Earlier this month, in a piece called “A Rock Star’s Fengqiao Experience,” we looked at the recent arrest of celebrity Chen Yufan (陈羽凡) and how this affair, apparently unlinked to the politics of Xi Jinping’s so-called “New Era,” is in fact disturbingly reflective of it. We can link the Mao-era “mass line” notion of the “Fengqiao experience,” which Xi Jinping has revived over the past five years, to new and intrusive forms of social management. But these trends in social management also pre-date the Xi era.

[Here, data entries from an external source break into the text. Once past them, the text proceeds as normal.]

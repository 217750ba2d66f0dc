-- ===== src/Client/Window/Session.antt =====
-- src/client/main_window.cpp: everything that can happen to a window, one event after the other.
use s2_decentralised_storage.Prelude.{ℕ, ◌≡◌, Bool, some, [], Bytes}
use s2_decentralised_storage.FileSystem.{FileSystem}
use s2_decentralised_storage.Client.Qt.{Qt}
use s2_decentralised_storage.Client.Worker.{Signal}
use s2_decentralised_storage.Client.Window.{Window, discover_peers}
use s2_decentralised_storage.Client.Window.Preferences.{
  Answers, Form, Notice, apply_settings, apply_network_settings, open_window,
}
use s2_decentralised_storage.Client.Window.Actions.{
  put_clicked, get_clicked, repair_clicked, download_clicked, on_signal,
}

module _ (qt : Qt) where
  -- An event: a click with what the user has typed, a signal of the worker, or new settings; what
  -- can be reached, made and started is another at each.
  pub data Step (w : Window) : Window → Type 0 where
    put :
        (file chunk key : Bytes) (replicas : ℕ)
        → Step w (put_clicked qt file chunk replicas key w).0
    get : (manifest output key : Bytes) → Step w (get_clicked qt manifest output key w).0
    repair_all : (replicas batch : ℕ) → Step w (repair_clicked qt replicas batch w).0
    download :
        (choose : Bytes → Bytes) (share_id key : Bytes)
        → Step w (download_clicked qt choose share_id key w).0
    signalled : (fs : FileSystem) (s : Signal) → Step w (on_signal fs s w)
    refreshed : (online : Bytes → ℕ → Bool) → Step w (discover_peers qt online w)
    applied :
        (online : Bytes → ℕ → Bool) (serves can_create : Bytes → Bool) (f : Form) {w' : Window}
        {n : Notice}
        → apply_settings qt online serves can_create f w ≡ some (w', n)
        → Step w w'
    networked :
        (online : Bytes → ℕ → Bool) (serves : Bytes → Bool) (address seeds : Bytes) {w' : Window}
        {n : Notice}
        → apply_network_settings qt online serves address seeds w ≡ some (w', n)
        → Step w w'

  pub data Reachable : Window → Type 0 where
    opened :
        (online : Bytes → ℕ → Bool) (serves : Bytes → Bool) (a : Answers) (app_data : Bytes)
        (w : Window) {w' : Window}
        → w.posted ≡ []
        → open_window qt online serves a app_data w ≡ some w'
        → Reachable w'
    next : {v w : Window} → Reachable v → Step v w → Reachable w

One of the key terms relevant to this “social management system,” or shehui guanli zhidu (社会管理制度), is the notion of a “gridded community management system,” or wanggehua guanli tixi (网格化管理体系). But where does this idea of “grid management,” wanggehua guanli (网格化管理), come from?
In fact, “grid management” first appeared in Shanghai in 2004. The following is a report from the official Xinhua News Agency, shared at the News Center at Sina.com, at the time one of China’s leading news portals.
Does that name sound familiar?
Chen’s fall from grace in the Shanghai pension scandal in 2006, less than two years after the above news story, was one of the most prominent corruption cases of the Hu Jintao era. In April 2008, Chen was handed an 18-year prison sentence for bribery, abuse of power and financial fraud for his alleged connection to the scandal. As a member of the Politburo, he was at the time the highest-level official to be toppled in more than a decade.
The “gridding” (网格化) of the communal space of the city requires unified city management and digital platforms, and involves the clear gridding of the city management zone into units within a comprehensive network. By strengthening the act of patrolling — including the mobilisation of community groups like those mentioned in our article on celebrity Chen Yufan — the government is able to proactively identify and handle any problems that might emerge. Consider: This was happening in Shanghai three years before the launch of the iPhone, and at least five years before the widespread availability of smartphones made mass data potentially available to governments. Combine this “visionary thinking” with the power of data, and it’s not difficult to imagine its implications in Xi Jinping’s so-called “New Era” a decade later.
Once we know what to look for, a simple Google search can tell us a lot about this method of social management, and offer up visualisations providing a clear idea of how local governments in China are putting the idea into practice:
Here, for example, is a page from Tibet Daily, the official Party mouthpiece of the Tibet Autonomous Region (TAR), dated November 3, 2014. It looks at the implementation of “gridded management” down to the district level as part of a comprehensive rollout of the approach, clearly by this point dated back over two years.
To offer a further example, there is the story CMP reported last month about how Zhou Chen (周辰), a journalist at Caixin, had revealed in a tell-all account on the media’s website that she had been intimidated by local police in the city of Quanzhou, in coastal Fujian province, as she attempted to report on a chemical spill at a local oil port.According to Zhou’s account, she went to bed early on November 11 after filing her news report. She was in bed when she heard the sound of a keycard opening the door of her hotel room. Four men wearing police uniforms entered her room and asked to see her identification. They claimed to be conducting searches for prostitutes. One officer, said Zhou, told his deputies to search the toilet and balcony. They never produced their own identification. After the men left, the hotel service desk apologised to Zhou, saying police had demanded a copy of her keycard.When you understand China’s grid management system and how it operates, you can understand how this female journalist carrying out her professional obligation to conduct what in China we call “supervision by public opinion” (舆论监督), or monitoring through media coverage, would come under the shadow of the “grid” wherever she decided to stay in the course of reporting the story of the chemical spill. And under such as system, those personnel operating the grid management would be compelled to act.
The term “grid management” is a neologism in China, but it is something that could also be found in ancient times. The so-called “Baojia system” (保甲制) developed in China during the Song dynasty in the 11th century. Chinese society was divided under this system into jia (甲) consisting of 10 families, and 10 jia combined to form a single bao (保). Each jia had a leader, and its bao had a leader. This was essentially a militarisation of society in which control was exercised at every level.
The method was employed again in the 1930s, this time by the Kuomintang party as it encircled the base of the Chinese Communist Party in Jiangxi. The strategy was to tighten the noose around the neck of the Red Army, eliminating the threat they posed.
China’s 21st century grid management system seems to operate on the premise that Chinese society is a threat to itself.